With that in mind, you should:

  • Hide individualized data. The only people who should be seeing individualized data are the individual employee and their direct manager. That's it. If you're not the person who the data is about and you are not the one managing that person, you should only be seeing team-level distribution data about the system. You do not have enough context to make judgments about individualized data. Hiding that data will bring teamwork back to your organization.
  • Prioritize celebrating team success over individual achievement. Your objectives are set at the team level because that's how customers experience your support. So celebrate the team working together to solve a problem: One person answered 400 tickets in a day because someone else hopped out of the queue to do crisis communication and a third person was writing user-facing docs to stop the deluge of tickets. Celebrate them all for communicating and working together to solve the problem and meet the team's objectives. And not just in the moment — remember how they worked together when performance review season comes around.
  • Focus on team-based, differentiated solutions. Now that objectives aren't individualized and it's not terrifying or career-ending to leave the queue and solve root issues, you have an incentive to work as a team to hit your objectives and maintain your service level. Some people are going to love answering tickets and hate being a liaison to product. Other folks are going to have a knack for writing docs that keep users from opening tickets at all. Let people be good at different things. Focus on hiring, compensating, and enabling team players with differentiated skills.

Breaking the cycle

Nothing I've written here is that radical in practice, but it is a departure from the "best practices" and received wisdom we've been relying on for decades. This is a call to center the Support Professionals, the customers they support, and our end goal of providing the best possible support. The doom cycle is avoidable, but avoiding it takes effort, intention, and care.

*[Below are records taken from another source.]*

-- ===== src/Compat/Scan/Kinds.antt =====
-- The types that a format of vsscanf demands of the pointers, and those that are stored.
use c_lite.Base.{
  ℕ, zero, suc, ◌+◌, ◌-◌, ◌*◌, ◌<◌, ◌≡◌, refl, sym, ◌∙◌, ap, Bool, true, false, not, List, [], ◌∷◌,
  ◌++◌, some, ◌==◌, if◌then◌else◌, ◌&&◌, length, drop, Bool-cases, inl, inr, arith,
}
use c_lite.Text.{Bytes, codes, has, first, rest_of, span_length}
use c_lite.Ctype.{isspace, isdigit}
use c_lite.Stdlib.Number.{strtoll}
use c_lite.Compat.Scan.{
  Store, stored_number, stored_chars, stored_string, Scanned, ended, past_end, out_of_fuel,
  Progress, skip_space, width_loop, size_bits, put_store, count_match, is_number, base_of_conv,
  at_end, field, conversion, give, go_on, scan_directive, scan_loop, vsscanf,
}
use c_lite.Compat.Scan.Ends.{percents, IsCounted, vsscanf-IsCounted}

-- An integer of so many bits, bytes, or a string.
pub data Kind : Type 0 where
  bits_kind : ℕ → Kind
  chars_kind : Kind
  string_kind : Kind

abbrev pub kind_of : Store → Kind
kind_of (stored_number bits n) = bits_kind bits
kind_of (stored_chars text) = chars_kind
kind_of (stored_string text) = string_kind

-- The text begins with the other.
abbrev begins : Bytes → Bytes → Bool
begins [] text = true
begins (p ∷ ps) [] = false
begins (p ∷ ps) (c ∷ cs) = c == p && begins ps cs

-- The bits of the integer that a length modifier names, and the text behind it: a char for "hh", a short
-- for "h", a long long for "ll", a long for "l", and an int where there is none.
unfoldable pub modifier : Bytes → ℕ × Bytes
modifier text =
    if begins (codes "hh") text
    then (8, drop 2 text)
    else if begins (codes "h") text
    then (16, drop 1 text)
    else if begins (codes "ll") text
    then (64, drop 2 text)
    else if begins (codes "l") text
    then (32, drop 1 text)
    else (32, text)

-- The text behind the bytes at its start that pass a test.
abbrev pub behind : (ℕ → Bool) → Bytes → Bytes
behind test text = drop (span_length test text) text

-- What a conversion demands. The count of %n is an int, whatever modifier stands before it.
unfoldable pub demanded : Bool → ℕ → ℕ → List Kind
demanded suppress bits conv =
    if suppress
    then []
    else if conv == b'n'
    then bits_kind 32 ∷ []
    else if conv == b'c'
    then chars_kind ∷ []
    else if conv == b's'
    then string_kind ∷ []
    else if has conv (codes "diuxX")
    then bits_kind bits ∷ []
    else []

-- What stands behind a '%': a star, digits, a modifier and a letter. It is what it demands, and what
-- `go` says of the rest.
unfoldable pub directive_kinds : Bytes → (Bytes → List Kind) → List Kind
directive_kinds f go =
    let star = begins (codes "*") f in
    let (bits, conv) = modifier (behind isdigit (if star then drop 1 f else f)) in
    demanded star bits (first conv) ++ go (drop 1 conv)

-- What a format demands, in order: no text is read.
unfoldable pub kinds : ℕ → Bytes → List Kind
kinds zero f = []
kinds (suc n) [] = []
kinds (suc n) (c ∷ cs) =
    let spaces = kinds n (behind isspace cs) in
    let plain = kinds n cs in
    let percent = kinds n (drop 1 cs) in
    let directed = directive_kinds cs (kinds n) in
    if isspace c
    then spaces
    else if not (c == b'%')
    then plain
    else if first cs == b'%'
    then percent
    else directed

-- The code reads the parts of a directive as the description does.
size_bits-modifier : (f : Bytes) → size_bits f ≡ modifier f
unfolding size_bits modifier
size_bits-modifier [] = refl
size_bits-modifier (c ∷ []) = ground arith
size_bits-modifier (c ∷ d ∷ f) = ground arith

star_first : (f : Bytes) → begins (codes "*") f ≡ (first f == b'*')
star_first [] = refl
star_first (c ∷ f) = ground arith

drop_one : (f : Bytes) → drop 1 f ≡ rest_of f
drop_one [] = refl
drop_one (c ∷ f) = refl

width_loop-behind : (n : ℕ) (f : Bytes) → (width_loop n f).1 ≡ behind isdigit f
unfolding width_loop span_length
width_loop-behind n [] = refl
width_loop-behind n (c ∷ f) = elim (Bool-cases (isdigit c)) [
  | inl digit ↦ rw digit (width_loop-behind (n * 10 + (c - b'0')) f)
  | inr other ↦ rw other refl
]

skip_space-behind : (f : Bytes) → skip_space f ≡ behind isspace f
unfolding skip_space span_length
skip_space-behind [] = refl
skip_space-behind (c ∷ f) = elim (Bool-cases (isspace c)) [
  | inl space ↦ rw space (skip_space-behind f)
  | inr other ↦ rw other refl
]

is_number-has : (c : ℕ) → is_number c ≡ has c (codes "diuxX")
unfolding has
is_number-has c = ground arith

directive_kinds-read :
    (f : Bytes) (go : Bytes → List Kind)
    → directive_kinds f go ≡ (
        let suppress = first f == b'*' in
        let sizes = (width_loop 0 (if suppress then rest_of f else f)).1 in
        let (bits, conv) = size_bits sizes in
        demanded suppress bits (first conv) ++ go (rest_of conv))
unfolding directive_kinds
directive_kinds-read f go =
    rw
      (
        star_first f,
        drop_one f,
        sym (width_loop-behind 0 (if first f == b'*' then rest_of f else f)),
        sym (size_bits-modifier (width_loop 0 (if first f == b'*' then rest_of f else f)).1),
        drop_one (size_bits (width_loop 0 (if first f == b'*' then rest_of f else f)).1).1,
      )
      refl

-- The stores have the first of the kinds.
abbrev pub IsPrefix : List Store → List Kind → Type 0
IsPrefix [] ks = Unit
IsPrefix (x ∷ xs) [] = ⊥
IsPrefix (x ∷ xs) (k ∷ ks) = (kind_of x ≡ k) × IsPrefix xs ks

-- The stores behind those that were there.
unfoldable Typed : List Store → List Kind → Scanned → Type 0
Typed before ks (ended m stores) = (new : List Store) × (stores ≡ before ++ new) × IsPrefix new ks
Typed before ks past_end = Unit
Typed before ks out_of_fuel = Unit

append_nil : (xs : List Store) → xs ≡ xs ++ []
append_nil [] = refl
append_nil (x ∷ xs) = ap (λ r. x ∷ r) (append_nil xs)

append_one : (xs ys : List Store) (x : Store) → (xs ++ x ∷ []) ++ ys ≡ xs ++ x ∷ ys
append_one [] ys x = refl
append_one (z ∷ xs) ys x = ap (λ r. z ∷ r) (append_one xs ys x)

give-Typed : (ks : List Kind) (st : Progress) → Typed st.stores ks (give st)
unfolding Typed
give-Typed ks st = ([], append_nil st.stores, tt)

-- One conversion: it stops with nothing stored, or has stored what it demands.
unfoldable Stored : List Store → List Kind → Bool × Progress → Type 0
Stored before ks (false, st) = st.stores ≡ before
Stored before [] (true, st) = st.stores ≡ before
Stored before (k ∷ ks) (true, st) =
    (x : Store) × (kind_of x ≡ k) × (ks ≡ []) × (st.stores ≡ before ++ x ∷ [])

if-Stored :
    (before : List Store) (ks : List Kind) (c : Bool) (a b : Bool × Progress)
    → (c ≡ true → Stored before ks a)
    → (c ≡ false → Stored before ks b)
    → Stored before ks (if c then a else b)
if-Stored before ks true a b h k = h refl
if-Stored before ks false a b h k = k refl

stop-Stored : (ks : List Kind) (st : Progress) → Stored st.stores ks (false, st)
unfolding Stored
stop-Stored [] st = refl
stop-Stored (k ∷ ks) st = refl

nothing-Stored : (ks : List Kind) (st : Progress) → ks ≡ [] → Stored st.stores ks (true, st)
nothing-Stored ks st e = rw e (unfold Stored in refl)

put-Stored :
    (ks : List Kind) (suppress : Bool) (x : Store) (st : Progress)
    → ks ≡ (if suppress then [] else kind_of x ∷ [])
    → Stored st.stores ks (true, put_store suppress x st)
put-Stored ks true x st e = nothing-Stored ks st e
put-Stored ks false x st e = rw e (unfold Stored in (x, refl, refl, refl))

count-Stored :
    (ks : List Kind) (suppress : Bool) (x : Store) (rest : Bytes) (st : Progress)
    → ks ≡ (if suppress then [] else kind_of x ∷ [])
    → Stored st.stores ks (true, count_match rest (put_store suppress x st))
count-Stored ks true x rest st e = rw e (unfold Stored in refl)
count-Stored ks false x rest st e = rw e (unfold Stored in (x, refl, refl, refl))

either_nil :
    (b : Bool) (none_demanded : List Kind)
    → none_demanded ≡ []
    → (if b then [] else none_demanded) ≡ []
either_nil true ks e = refl
either_nil false ks e = e

field-Stored :
    (suppress : Bool) (width bits conv : ℕ) (st : Progress)
    → (conv == b'n') ≡ false
    → (conv == b'c') ≡ false
    → Stored st.stores (demanded suppress bits conv) (field suppress width bits conv st)
unfolding field demanded
field-Stored suppress width bits conv st n1 n2 =
    if-Stored _ _ (at_end st.s) _ _ (λ _. stop-Stored _ st)
      (λ _.
        if-Stored _ _ (conv == b's') _ _
          (λ word. count-Stored _ suppress _ _ st (rw (n1, n2, word) refl))
          (λ n3.
            if-Stored _ _ (is_number conv) _ _
              (λ number.
                if-Stored _ _ (length (strtoll st.s (base_of_conv conv)).1 == length st.s) _ _
                  (λ _. stop-Stored _ st)
                  (λ _.
                    count-Stored _ suppress _ _ st
                      (rw (n1, n2, n3, sym (is_number-has conv) ∙ number) refl)))
              (λ n4.
                nothing-Stored _ st
                  (rw (n1, n2, n3, sym (is_number-has conv) ∙ n4) (either_nil suppress [] refl)))))

demanded_n :
    (suppress : Bool) (bits conv : ℕ)
    → (conv == b'n') ≡ true
    → demanded suppress bits conv ≡ (if suppress then [] else bits_kind 32 ∷ [])
unfolding demanded
demanded_n suppress bits conv e = rw e refl

demanded_c :
    (suppress : Bool) (bits conv : ℕ)
    → (conv == b'n') ≡ false
    → (conv == b'c') ≡ true
    → demanded suppress bits conv ≡ (if suppress then [] else chars_kind ∷ [])
unfolding demanded
demanded_c suppress bits conv n1 e = rw (n1, e) refl

conversion-Stored :
    (total : ℕ) (suppress : Bool) (width bits conv : ℕ) (st : Progress)
    → Stored st.stores (demanded suppress bits conv) (conversion total suppress width bits conv st)
unfolding conversion
conversion-Stored total suppress width bits conv st =
    if-Stored _ _ (conv == b'n') _ _
      (λ e1. put-Stored _ suppress _ st (demanded_n suppress bits conv e1))
      (λ n1.
        if-Stored _ _ (conv == b'c') _ _
          (λ e2.
            if-Stored _ _ (at_end st.s) _ _ (λ _. stop-Stored _ st)
              (λ _. count-Stored _ suppress _ _ st (demanded_c suppress bits conv n1 e2)))
          (λ n2. field-Stored suppress width bits conv (record st { s = skip_space st.s }) n1 n2))

Typed-more :
    (before : List Store) (x : Store) (after : List Store) (ks : List Kind) (r : Scanned)
    → after ≡ before ++ x ∷ []
    → Typed after ks r
    → Typed before (kind_of x ∷ ks) r
unfolding Typed
Typed-more before x after ks (ended m stores) e (new, same, fits) =
    (x ∷ new, same ∙ ap (λ a. a ++ new) e ∙ append_one before new x, (refl, fits))
Typed-more before x after ks past_end e h = tt
Typed-more before x after ks out_of_fuel e h = tt

if-Typed :
    (before : List Store) (ks : List Kind) (c : Bool) (a b : Scanned)
    → (c ≡ true → Typed before ks a)
    → (c ≡ false → Typed before ks b)
    → Typed before ks (if c then a else b)
if-Typed before ks true a b h k = h refl
if-Typed before ks false a b h k = k refl

past_end-Typed : (before : List Store) (ks : List Kind) → Typed before ks past_end
unfolding Typed
past_end-Typed before ks = tt

-- Behind a conversion that stops, or stores what is demanded.
go_on-Typed :
    (go : Bytes → Progress → Scanned) (f : Bytes) (before : List Store) (ks later : List Kind)
    (r : Bool × Progress)
    → Stored before ks r
    → ((st : Progress) → Typed st.stores later (go (rest_of f) st))
    → Typed before (ks ++ later) (go_on go f r)
unfolding Stored
go_on-Typed go f before ks later (false, st) h k = rw (sym h) (give-Typed (ks ++ later) st)
go_on-Typed go f before [] later (true, st) h k =
    if-Typed _ _ (first f == 0) _ _ (λ _. past_end-Typed before later) (λ _. rw (sym h) (k st))
go_on-Typed go f before (kd ∷ ks) later (true, st) (x, kind, single, e) k =
    if-Typed _ _ (first f == 0) _ _ (λ _. past_end-Typed before _)
      (λ _. rw (sym kind, single) (Typed-more before x st.stores later _ e (k st)))

scan_directive-Typed :
    (total : ℕ) (f : Bytes) (st : Progress) (go : Bytes → Progress → Scanned)
    (more : Bytes → List Kind)
    → ((g : Bytes) (st' : Progress) → Typed st'.stores (more g) (go g st'))
    → Typed st.stores (directive_kinds f more) (scan_directive total f st go)
unfolding scan_directive
scan_directive-Typed total f st go more later =
    let suppress = first f == b'*' in
    let sizes = width_loop 0 (if suppress then rest_of f else f) in
    let conv = size_bits sizes.1 in
    rw (directive_kinds-read f more) (
      go_on-Typed go conv.1 st.stores (demanded suppress conv.0 (first conv.1))
        (more (rest_of conv.1)) _
        (conversion-Stored total suppress sizes.0 conv.0 (first conv.1) st)
        (later (rest_of conv.1)))

scan_loop-Typed :
    (n total : ℕ) (f : Bytes) (st : Progress) → Typed st.stores (kinds n f) (scan_loop n total f st)
unfolding scan_loop kinds
scan_loop-Typed zero total f st = unfold Typed in tt
scan_loop-Typed (suc n) total [] st = give-Typed [] st
scan_loop-Typed (suc n) total (c ∷ cs) st = elim (Bool-cases (isspace c)) [
  | inl space ↦
      rw (space, sym (skip_space-behind cs))
        (scan_loop-Typed n total (skip_space cs) (record st { s = skip_space st.s }))
  | inr text ↦ elim (Bool-cases (c == b'%')) [
    | inr plain ↦
        rw (text, plain)
          (if-Typed _ _ (not (first st.s == c)) _ _ (λ _. give-Typed _ st)
            (λ _. scan_loop-Typed n total cs (record st { s = rest_of st.s })))
    | inl percent ↦ elim (Bool-cases (first cs == b'%')) [
      | inl double ↦
          rw (text, percent, double, drop_one cs)
            (if-Typed _ _ (not (first st.s == b'%')) _ _ (λ _. give-Typed _ st)
              (λ _. scan_loop-Typed n total (rest_of cs) (record st { s = rest_of st.s })))
      | inr single ↦
          rw (text, percent, single)
            (scan_directive-Typed total cs st (scan_loop n total) (kinds n)
              (λ g st'. scan_loop-Typed n total g st'))
    ]
  ]
]

-- What a result stores has the types that the format demands.
unfoldable pub IsTyped : List Kind → Scanned → Type 0
IsTyped ks (ended m stores) = IsPrefix stores ks
IsTyped ks past_end = Unit
IsTyped ks out_of_fuel = ⊥

Typed-result : (k : ℕ) (ks : List Kind) (r : Scanned) → IsCounted k r → Typed [] ks r → IsTyped ks r
unfolding IsCounted Typed IsTyped
Typed-result k ks (ended m stores) counted (new, same, fits) = rw same fits
Typed-result k ks past_end counted h = tt
Typed-result k ks out_of_fuel counted h = counted

-- With more fuel than the format has bytes, vsscanf returns with stores whose types are the first of those
-- that the format demands, in the same order: for %d, %i, %u, %x and %X an integer of 8 bits behind "hh",
-- of 16 behind "h", of 64 behind "ll" and of 32 otherwise, for %n one of 32 bits whatever modifier
-- stands before it, the bytes of %c, or the string of %s, and nothing where a star suppresses it. Or,
-- where it takes a conversion letter behind the end of the format, it has read on behind the NUL, and
-- nothing is said of what follows.
pub vsscanf-IsTyped :
    (fuel : ℕ) (str format : Bytes)
    → length format < fuel
    → IsTyped (kinds fuel format) (vsscanf fuel (some str) (some format))
unfolding vsscanf
vsscanf-IsTyped fuel str format enough =
    Typed-result (percents format) (kinds fuel format) _ (vsscanf-IsCounted fuel str format enough)
      (scan_loop-Typed fuel (length str) format (record { matches = 0; stores = []; s = str }))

At the beginning of the cycle, we're in the queue all day. We're painfully aware of the flaws with this system of individualized objectives. It keeps us from proactively helping customers and doing our best work. When we become leaders, however, we fall back to the systems we know, believing that we can tweak and tame it to produce a different outcome.

The problem is that the system spends all its time measuring a tiny picture of the effort of your individual employees. We have convinced ourselves that this measurement is a perfect surrogate for the objectives and business outcomes that we're trying to achieve, but as we've seen above, that surrogacy leads us away from true understanding.

True understanding is difficult to achieve. It requires us to think deeply about our customers, businesses, and goals. There are few standard metrics or formulas that can help us, and it's possible we aren't currently tracking the information we need. But we can't sidestep that work by focusing on the data that's easy to measure, like how many conversations each person answers in a day. That measurement doesn't actually tell us anything useful about the work of our team.

Your Support Professionals know what they're doing. They know what's wrong with the product, your Support Level, and the customer experience. They know the big-picture fixes that would provide relief if they just had the time to focus on anything other than the constantly ticking clock. They want to do good work, they want to see their business succeed, and they want customers to have a good experience from the moment they begin using your product or service. Listen to them. Trust them.

If you take nothing else from this, I want it to be that Support work is done by teams of people -- not a collection of individual queue crushers -- and it takes diverse skills, dispositions, focuses, and areas of expertise to do well. Make sure that the way you measure the work reflects that.